> _INSTRUCTIONS FOR THE TASK_
Using the records below, output the stretch that opens with the line containing "was_free = free;" and closes with the line containing "(some i, record", exactly and including both lines, with nothing more.

▼

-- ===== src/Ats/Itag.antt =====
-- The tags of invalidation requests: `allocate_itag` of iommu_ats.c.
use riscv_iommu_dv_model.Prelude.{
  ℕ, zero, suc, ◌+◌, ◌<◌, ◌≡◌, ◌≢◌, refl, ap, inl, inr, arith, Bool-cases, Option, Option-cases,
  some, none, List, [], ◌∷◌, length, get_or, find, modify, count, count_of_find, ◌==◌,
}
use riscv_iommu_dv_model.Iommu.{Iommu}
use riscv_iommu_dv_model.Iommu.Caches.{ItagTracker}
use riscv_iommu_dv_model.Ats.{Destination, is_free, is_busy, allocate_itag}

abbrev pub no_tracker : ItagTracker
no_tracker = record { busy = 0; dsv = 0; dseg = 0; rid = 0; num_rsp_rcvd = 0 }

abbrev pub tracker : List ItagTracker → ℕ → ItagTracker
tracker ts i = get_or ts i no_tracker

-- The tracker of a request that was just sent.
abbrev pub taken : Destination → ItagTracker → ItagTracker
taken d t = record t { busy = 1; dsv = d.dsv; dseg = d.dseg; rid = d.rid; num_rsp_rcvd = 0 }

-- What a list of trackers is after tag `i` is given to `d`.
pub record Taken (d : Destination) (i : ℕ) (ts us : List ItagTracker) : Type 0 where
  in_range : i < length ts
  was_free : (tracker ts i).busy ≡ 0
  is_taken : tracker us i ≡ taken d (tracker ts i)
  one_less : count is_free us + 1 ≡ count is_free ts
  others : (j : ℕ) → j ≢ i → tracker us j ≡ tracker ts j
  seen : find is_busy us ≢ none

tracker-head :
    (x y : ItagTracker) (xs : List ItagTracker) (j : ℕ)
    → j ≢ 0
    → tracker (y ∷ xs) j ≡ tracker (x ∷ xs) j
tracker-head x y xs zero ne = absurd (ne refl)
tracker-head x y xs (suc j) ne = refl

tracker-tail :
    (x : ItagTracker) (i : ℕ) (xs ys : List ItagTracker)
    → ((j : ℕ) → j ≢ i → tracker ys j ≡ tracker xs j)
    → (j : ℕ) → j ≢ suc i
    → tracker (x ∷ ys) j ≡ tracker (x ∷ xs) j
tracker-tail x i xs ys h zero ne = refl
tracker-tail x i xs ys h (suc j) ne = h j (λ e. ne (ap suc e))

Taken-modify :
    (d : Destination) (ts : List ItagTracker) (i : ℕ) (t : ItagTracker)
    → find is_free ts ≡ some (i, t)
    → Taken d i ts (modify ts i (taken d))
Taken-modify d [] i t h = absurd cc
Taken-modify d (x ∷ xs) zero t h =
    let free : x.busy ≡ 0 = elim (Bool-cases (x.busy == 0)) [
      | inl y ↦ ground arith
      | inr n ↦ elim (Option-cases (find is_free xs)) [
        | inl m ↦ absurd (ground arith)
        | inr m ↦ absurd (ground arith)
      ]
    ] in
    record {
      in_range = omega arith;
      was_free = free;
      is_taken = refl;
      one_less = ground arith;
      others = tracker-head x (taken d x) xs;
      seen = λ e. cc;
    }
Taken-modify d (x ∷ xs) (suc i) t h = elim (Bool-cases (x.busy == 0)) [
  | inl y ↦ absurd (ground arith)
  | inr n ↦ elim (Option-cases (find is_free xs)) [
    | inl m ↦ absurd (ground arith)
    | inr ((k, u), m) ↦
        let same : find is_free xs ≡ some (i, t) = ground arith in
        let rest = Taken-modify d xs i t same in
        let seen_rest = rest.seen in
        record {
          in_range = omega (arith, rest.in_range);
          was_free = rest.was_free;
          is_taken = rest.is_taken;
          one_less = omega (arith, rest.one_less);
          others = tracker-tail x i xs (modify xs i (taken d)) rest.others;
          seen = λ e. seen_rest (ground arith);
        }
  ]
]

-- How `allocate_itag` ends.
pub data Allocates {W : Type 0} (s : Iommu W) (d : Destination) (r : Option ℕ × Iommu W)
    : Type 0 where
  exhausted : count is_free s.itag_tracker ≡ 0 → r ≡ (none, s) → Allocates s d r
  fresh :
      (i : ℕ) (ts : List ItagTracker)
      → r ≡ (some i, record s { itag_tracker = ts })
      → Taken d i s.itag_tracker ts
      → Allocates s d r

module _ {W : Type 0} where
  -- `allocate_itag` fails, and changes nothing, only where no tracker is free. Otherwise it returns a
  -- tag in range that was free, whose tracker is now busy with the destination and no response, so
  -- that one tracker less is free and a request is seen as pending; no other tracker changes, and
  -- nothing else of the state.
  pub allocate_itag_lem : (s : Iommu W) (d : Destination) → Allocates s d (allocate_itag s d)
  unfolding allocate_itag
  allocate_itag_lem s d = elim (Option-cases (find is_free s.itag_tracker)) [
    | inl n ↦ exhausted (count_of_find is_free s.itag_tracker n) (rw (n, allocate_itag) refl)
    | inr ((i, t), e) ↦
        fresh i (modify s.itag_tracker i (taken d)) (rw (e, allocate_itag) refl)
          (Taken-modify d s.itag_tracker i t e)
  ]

▲

> _ANSWER TO THIS PROBLEM_
      was_free = free;
      is_taken = refl;
      one_less = ground arith;
      others = tracker-head x (taken d x) xs;
      seen = λ e. cc;
    }
Taken-modify d (x ∷ xs) (suc i) t h = elim (Bool-cases (x.busy == 0)) [
  | inl y ↦ absurd (ground arith)
  | inr n ↦ elim (Option-cases (find is_free xs)) [
    | inl m ↦ absurd (ground arith)
    | inr ((k, u), m) ↦
        let same : find is_free xs ≡ some (i, t) = ground arith in
        let rest = Taken-modify d xs i t same in
        let seen_rest = rest.seen in
        record {
          in_range = omega (arith, rest.in_range);
          was_free = rest.was_free;
          is_taken = rest.is_taken;
          one_less = omega (arith, rest.one_less);
          others = tracker-tail x i xs (modify xs i (taken d)) rest.others;
          seen = λ e. seen_rest (ground arith);
        }
  ]
]

-- How `allocate_itag` ends.
pub data Allocates {W : Type 0} (s : Iommu W) (d : Destination) (r : Option ℕ × Iommu W)
    : Type 0 where
  exhausted : count is_free s.itag_tracker ≡ 0 → r ≡ (none, s) → Allocates s d r
  fresh :
      (i : ℕ) (ts : List ItagTracker)
      → r ≡ (some i, record s { itag_tracker = ts })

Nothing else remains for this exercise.